Sweet potatoes, known scientifically as Ipomoea batatas, diverged from their closest relative, a species called Ipomoea trifida, around 800,000 years ago, according to analysis of the nuclear DNA in the study. Anatomically modern humans didn’t even exist yet. That means human intervention couldn’t be the reason sweet potatoes evolved into a distinct species.
But it doesn’t tell us when its key feature, the tuber, first appeared, since that might have happened long after speciation. I. trifida’s pencil-like roots are thicker than any other species in the genus, but only sweet potatoes have proper tubers. The explanation may be that sweet potatoes are a hexaploid species, meaning that its genome contains six copies of each chromosome (for comparison, humans are a diploid species, with just two copies of each chromosome—one from each parent).
“It has been suggested in several studies that polyploidy promotes bigger cells and organs, and so we think the size of the tuber can be a consequence of polyploidy, rather than a consequence of human domestication,” Muñoz-Rodriguez told Ars Technica. “Obviously, it is also possible that human domestication made it even larger or more palatable, but I am afraid we do not have the data necessary to answer that question yet, and it needs further research.”
Both hexaploidy and a larger tuber might have helped the species adapt to tougher, more varied environments.
The future looks sweet
All that new information about the sweet potato’s past may also tell us something about how to shape its future. It appears that at some point after sweet potatoes emerged as a distinct species, they hybridized—once more, for old times’ sake—with I. trifida.

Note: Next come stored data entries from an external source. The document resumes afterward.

-- ===== src/Base/Unique.antt =====
-- Maps whose keys stand once: what holds at every key holds of every value.
use mathlib.Core.Path.{◌≡◌, refl}
use mathlib.Core.List.{[], ◌∷◌}
use mathlib.Core.Option.{none, some}
use mathlib.Core.Logic.{inl, inr}
use native.Mathlib.Omega.{arith}
use markdown_linkerator.Base.Tests.{Bool-cases}
use markdown_linkerator.Base.Texts.{Text, text_eq, text_eq_iff, text_eq_refl}
use markdown_linkerator.Base.Maps.{Map, lookup, insert, lookup-insert, AllValues}

module _ {ℓ} {V : Type ℓ} where
  abbrev pub IsUnique : Map V → Type ℓ
  IsUnique [] = Unit
  IsUnique ((k, v) ∷ m) = (lookup k m ≡ none) × IsUnique m

  pub insert-IsUnique : (k : Text) (v : V) (m : Map V) → IsUnique m → IsUnique (insert k v m)
  unfolding insert lookup
  insert-IsUnique k v [] u = (refl, tt)
  insert-IsUnique k v ((j, w) ∷ m) u = elim (Bool-cases (text_eq j k)) [
    | inl e ↦ let same = (text_eq_iff j k).0 e in rw e (rw (← same) u.0, u.1)
    | inr e ↦ rw e (
      ground (arith, lookup-insert k j v m, text_eq_iff k j, text_eq_iff j k, u.0),
      insert-IsUnique k v m u.1,
    )
  ]

  pub AllValues_of_lookup {κ} :
      (P : V → Type κ) (m : Map V)
      → IsUnique m
      → ((k : Text) (v : V) → lookup k m ≡ some v → P v)
      → AllValues P m
  unfolding lookup
  AllValues_of_lookup P [] u h = tt
  AllValues_of_lookup P ((j, w) ∷ m) u h = (
    h j w (rw (text_eq_refl j)),
    AllValues_of_lookup P m u.1 (λ k v e. elim (Bool-cases (text_eq j k)) [
      | inl s ↦ let same = (text_eq_iff j k).0 s in absurd (ground (arith, u.0))
      | inr s ↦ h k v (rw s e)
    ]),
  )
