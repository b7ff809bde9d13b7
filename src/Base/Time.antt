-- ===== src/Base/Time.antt =====
-- Instants and durations in nanoseconds, as Go's package time counts them.
use markdown_linkerator.Base.Int.{ℤ, pos, negsuc, ◌-ℤ◌, ltb_ℤ}
use markdown_linkerator.Base.Tests.{if◌then◌else◌}

abbrev pub max_duration : ℤ
max_duration = pos 9_223_372_036_854_775_807

abbrev pub min_duration : ℤ
min_duration = negsuc 9_223_372_036_854_775_807

-- Time.Sub, and so time.Since and time.Until: the difference, kept within an int64.
unfoldable pub since : ℤ → ℤ → ℤ
unfolding ◌-ℤ◌
since now t =
    let d = now -ℤ t in
    if ltb_ℤ max_duration d then max_duration else if ltb_ℤ d min_duration then min_duration else d

-- The zero time.Time, in nanoseconds from the Unix epoch.
abbrev pub zero_time : ℤ
zero_time = negsuc 62_135_596_799_999_999_999

abbrev pub second : ℤ
second = pos 1_000_000_000
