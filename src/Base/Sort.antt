-- ===== src/Base/Sort.antt =====
-- Stable sorting by a Boolean `less`, as sort.SliceStable does it. A stable sort has one result, so
-- insertion from the right, which is stable, stands for the library's algorithm.
use mathlib.Core.Path.{◌≡◌}
use mathlib.Core.Bool.{Bool, true, false}
use mathlib.Core.List.{List, [], ◌∷◌, Perm}
use mathlib.Core.List.Perm
use mathlib.Core.Logic.{inl, inr}
use markdown_linkerator.Base.Lists.{All}
use markdown_linkerator.Base.Tests.{if◌then◌else◌, Bool-cases}

-- A strict order, as the sorting functions want it: its complement is transitive.
pub record IsOrder {ℓ} {A : Type ℓ} (less : A → A → Bool) : Type ℓ where
  pub asymm : (a b : A) → less a b ≡ true → less b a ≡ false
  pub trans_not : (a b c : A) → less b a ≡ false → less c b ≡ false → less c a ≡ false

module _ {ℓ} {A : Type ℓ} (less : A → A → Bool) where
  unfoldable pub sort_insert : A → List A → List A
  sort_insert x [] = x ∷ []
  sort_insert x (y ∷ ys) = if less y x then y ∷ sort_insert x ys else x ∷ y ∷ ys

  unfoldable pub sort_stable : List A → List A
  unfolding sort_insert
  sort_stable [] = []
  sort_stable (x ∷ xs) = sort_insert x (sort_stable xs)

  -- No entry is less than one before it.
  abbrev pub IsSorted : List A → Type ℓ
  IsSorted [] = Unit
  IsSorted (x ∷ xs) = All (λ y. less y x ≡ false) xs × IsSorted xs

  pub sort_insert-perm : (x : A) (xs : List A) → Perm (sort_insert x xs) (x ∷ xs)
  unfolding sort_insert
  sort_insert-perm x [] = Perm.refl (x ∷ [])
  sort_insert-perm x (y ∷ ys) = elim (Bool-cases (less y x)) [
    | inl e ↦ rw e (Perm.trans (Perm.cons y (sort_insert-perm x ys)) (Perm.swap x y ys))
    | inr e ↦ rw e (Perm.refl (x ∷ y ∷ ys))
  ]

  pub sort_stable-perm : (xs : List A) → Perm (sort_stable xs) xs
  unfolding sort_stable
  sort_stable-perm [] = Perm.refl []
  sort_stable-perm (x ∷ xs) =
      Perm.trans (sort_insert-perm x (sort_stable xs)) (Perm.cons x (sort_stable-perm xs))

  sort_insert-All {κ} :
      (P : A → Type κ) (x : A) (xs : List A) → P x → All P xs → All P (sort_insert x xs)
  unfolding sort_insert
  sort_insert-All P x [] h a = (h, tt)
  sort_insert-All P x (y ∷ ys) h a = elim (Bool-cases (less y x)) [
    | inl e ↦ rw e (a.0, sort_insert-All P x ys h a.1)
    | inr e ↦ rw e (h, a)
  ]

  All-less_trans :
      (o : IsOrder less) (x y : A) (xs : List A)
      → less y x ≡ false
      → All (λ z. less z y ≡ false) xs
      → All (λ z. less z x ≡ false) xs
  All-less_trans o x y [] h a = tt
  All-less_trans o x y (z ∷ xs) h a = (o.trans_not x y z h a.0, All-less_trans o x y xs h a.1)

  pub sort_insert-IsSorted :
      (o : IsOrder less) (x : A) (xs : List A) → IsSorted xs → IsSorted (sort_insert x xs)
  unfolding sort_insert
  sort_insert-IsSorted o x [] s = (tt, tt)
  sort_insert-IsSorted o x (y ∷ ys) s = elim (Bool-cases (less y x)) [
    | inl e ↦ rw e (
      sort_insert-All (λ z. less z y ≡ false) x ys (o.asymm y x e) s.0,
      sort_insert-IsSorted o x ys s.1,
    )
    | inr e ↦ rw e ((e, All-less_trans o x y ys e s.0), s)
  ]

  pub sort_stable-IsSorted : (o : IsOrder less) (xs : List A) → IsSorted (sort_stable xs)
  unfolding sort_stable
  sort_stable-IsSorted o [] = tt
  sort_stable-IsSorted o (x ∷ xs) =
      sort_insert-IsSorted o x (sort_stable xs) (sort_stable-IsSorted o xs)
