-- ===== src/Tests/Queues.antt =====
-- TQueue, TVector and TimeStamp at concrete values.
use cpplib.Prelude.{ℕ, pos, ◌-ℤ◌, ◌+ℤ◌, ◌*ℤ◌, ◌≡◌, refl, List, [], ◌∷◌, arith}
use cpplib.TimeStamp.{TimeStamp, to_useconds, minus}
use cpplib.Queue
use cpplib.Queue.{TQueue, Pace, push}
use cpplib.Queue.History.{Turn, pushes, pops, pops_timeout, run, start}
use cpplib.Queue.History.Capacity.{Within, run-Within}
use cpplib.TVector
use cpplib.TVector.{TVector}
use cpplib.TVector.Same.{as_queue, as_popped, operations_Same}

abbrev at : ℕ → ℕ → TimeStamp
at s us = record { seconds = pos s; micro_seconds = pos us }

abbrev limited : TQueue ℕ
limited = record {
  lst_item = 7 ∷ 8 ∷ [];
  max_size = 2;
  wake_up_ts = at 2000 0;
  rate_limit = 2;
  try_pop_cnt = 0;
}

borrow_runs : to_useconds (minus (at 5 100) (at 3 200)) ≡ pos 1_999_900
unfolding to_useconds minus ◌-ℤ◌ ◌+ℤ◌ ◌*ℤ◌
borrow_runs = refl

-- A limit of two: a call that counts, one that fills the quota, and two that are too early.
abbrev fresh : Pace
fresh = record { try_cnt = 0; wake_up = at 3000 0; last_pop = at 3000 0 }

abbrev turns : List (Turn ℕ)
turns = pushes 9 ∷ pops (at 2001 0) (at 2001 1) ∷ pops_timeout (at 2001 0) (at 2001 2) ∷ []

turns-run : (run (start limited) turns).delivered ≡ 7 ∷ 8 ∷ []
unfolding run start push Queue.pop Queue.pop_timeout ◌-ℤ◌
turns-run = refl

start-Within : Within 2 (start limited).queue
unfolding start
start-Within = (refl, omega arith)

run-Within_example : Within 2 (run (start limited) turns).queue
run-Within_example = run-Within 2 (start limited) turns (omega arith) start-Within

abbrev vector : TVector ℕ
vector = record {
  lst_item = 7 ∷ [];
  max_size = 0;
  wake_up_ts = at 2000 0;
  rate_limit = 3;
  try_pop_cnt = 0;
}

operations_Same_example :
    as_popped (TVector.pop vector (at 2000 1) (at 2000 2))
    ≡ Queue.pop (as_queue vector) (at 2000 1) (at 2000 2)
operations_Same_example = (operations_Same vector 8 (at 2000 1) (at 2000 2) (at 2000 1)).3
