-- ===== src/Tests/Reactors.antt =====
-- TcpReactor on a concrete run.
use cpplib.Prelude.{ℕ, pos, true, false, List, [], ◌∷◌, ◌≡◌, refl}
use cpplib.TMapInt
use cpplib.OrderedMap
use cpplib.TcpReactor.{
  Event, accepts, inputs, closes, deletes, svc, handle, with_handler, accept, input, called,
  drop_fd, has, remove, del_fd,
}
use cpplib.TcpReactor.Protocol.{IsServing}
use cpplib.TcpReactor.Runs.{
  Step, serves, drops, run, StepsAreFresh, AreFresh, listening, run-IsServing,
}

-- A connection on descriptor 4, whose input fails; then one on the same descriptor, with another
-- handler, which another thread drops.
abbrev connects : ℕ → Event
connects h = record {
  fd = pos 3;
  is_out = false;
  is_in = true;
  is_pri = false;
  conn_fd = pos 4;
  renewed = h;
  ret = pos 0;
  is_added = true;
}

abbrev fails : Event
fails = record {
  fd = pos 4;
  is_out = false;
  is_in = true;
  is_pri = false;
  conn_fd = pos 9;
  renewed = 0;
  ret = pos 1;
  is_added = true;
}

abbrev steps : List Step
steps = serves (connects 7 ∷ fails ∷ []) ∷ serves (connects 8 ∷ []) ∷ drops (pos 4) ∷ []

steps_fresh : StepsAreFresh (listening (pos 3)) steps
unfolding StepsAreFresh AreFresh svc handle with_handler accept input called drop_fd has remove
    del_fd TMapInt.get TMapInt.insert OrderedMap.find OrderedMap.insert OrderedMap.place
steps_fresh = ((refl, (refl, tt)), ((refl, tt), tt))

run-IsServing_example : IsServing (run (listening (pos 3)) steps)
run-IsServing_example = run-IsServing (pos 3) steps steps_fresh

-- The calls, newest first.
run_logs :
    (run (listening (pos 3)) steps).log
    ≡ deletes (pos 4)
      ∷ accepts true 8 (pos 4)
      ∷ closes 7 (pos 4)
      ∷ inputs 7 (pos 4)
      ∷ accepts true 7 (pos 4)
      ∷ []
unfolding run svc handle with_handler accept input called drop_fd del_fd TMapInt.get TMapInt.insert
    TMapInt.del OrderedMap.find OrderedMap.insert OrderedMap.place OrderedMap.erase
run_logs = refl
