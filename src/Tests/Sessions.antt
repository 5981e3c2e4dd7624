-- ===== src/Tests/Sessions.antt =====
-- SessionMgt at a concrete history.
use cpplib.Prelude.{
  ◌+ℤ◌, ◌*ℤ◌, ℕ, pos, false, none, some, List, [], ◌∷◌, Text, codes, text_key, int_key, text_eq,
  text_less, if◌then◌else◌, ◌≡◌, refl, arith,
}
use cpplib.OrderedMap.{find}
use cpplib.OrderedMap
use cpplib.Decimal.{to_string}
use cpplib.TimeStamp.{to_u64, TimeStamp, to_useconds}
use cpplib.SessionMgt.{
  Session, SessionMgt, init, insert_session, update_read, change, read_more, check, gen_uid,
  new_session, is_valid_sesssion, get_fd, is_idle,
}
use cpplib.SessionMgt.Invariant.{IsConsistent}
use cpplib.SessionMgt.Check.{staying, check_exact}
use cpplib.SessionMgt.Calls.{Call, inserts, reads, run, run-IsConsistent, step}

abbrev at : ℕ → TimeStamp
at s = record { seconds = pos s; micro_seconds = pos 0 }

abbrev ip : Text
ip = codes "10.0.0.1"

-- Two clients, and one of them is read from a minute later.
abbrev calls : List Call
calls =
    inserts (pos 5) ip 80 (at 2000)
    ∷ inserts (pos 6) ip 81 (at 2000)
    ∷ reads (pos 6) 9 (at 2061)
    ∷ []

abbrev mgt : SessionMgt
mgt = run init calls

consistent : IsConsistent mgt
consistent = run-IsConsistent calls (omega arith)

abbrev now : ℕ
now = to_u64 (to_useconds (at 2062))

abbrev first : Session
first = new_session (codes "10.0.0.1_80_2000_1") (pos 5) ip 80 2_000_000_000

first_there : find (pos 5) mgt.sessions ≡ some first
unfolding run step init insert_session update_read change read_more gen_uid new_session check
    is_valid_sesssion get_fd find OrderedMap.assign OrderedMap.replace OrderedMap.erase
    OrderedMap.place text_eq text_less to_string to_useconds ◌+ℤ◌ ◌*ℤ◌
first_there = refl

check_exact_example :
    (find (pos 6) (check (at 2062) mgt).sessions ≡ staying now (find (pos 6) mgt.sessions))
    × (find first.id (check (at 2062) mgt).fds ≡ (if is_idle now first then none else some (pos 5)))
check_exact_example = check_exact (at 2062) mgt consistent (pos 5) (pos 6) first first_there

-- The session of descriptor 5 is gone, and that of 6 stays.
check_runs :
    (find (pos 5) (check (at 2062) mgt).sessions ≡ none)
    × (is_valid_sesssion (codes "10.0.0.1_80_2000_1") (check (at 2062) mgt) ≡ false)
    × (get_fd (codes "10.0.0.1_81_2000_2") (check (at 2062) mgt) ≡ some (pos 6))
unfolding run step init insert_session update_read change read_more gen_uid new_session check
    is_valid_sesssion get_fd find OrderedMap.assign OrderedMap.replace OrderedMap.erase
    OrderedMap.place text_eq text_less to_string to_useconds ◌+ℤ◌ ◌*ℤ◌
check_runs = (refl, refl, refl)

That’s interesting to modern researchers because one of the ways to improve the quality or genetic diversity of a crop is to cross it with its closest wild relative. Species need some diversity in the gene pool in order to have a good chance of adapting to changes in their environments, like climate shifts, new predators, or disease. Now that we know sweet potatoes have already done that once and have confirmed that I. trifida is actually the evolutionary next of kin, that information could someday help breed better, more resilient sweet potato crops.
“If there was a change to which sweet potato could not adapt, and farmers do not have a remedy, the use of crop wild relatives in breeding programs can provide the genetic variability required,” explained Muñoz-Rodriguez.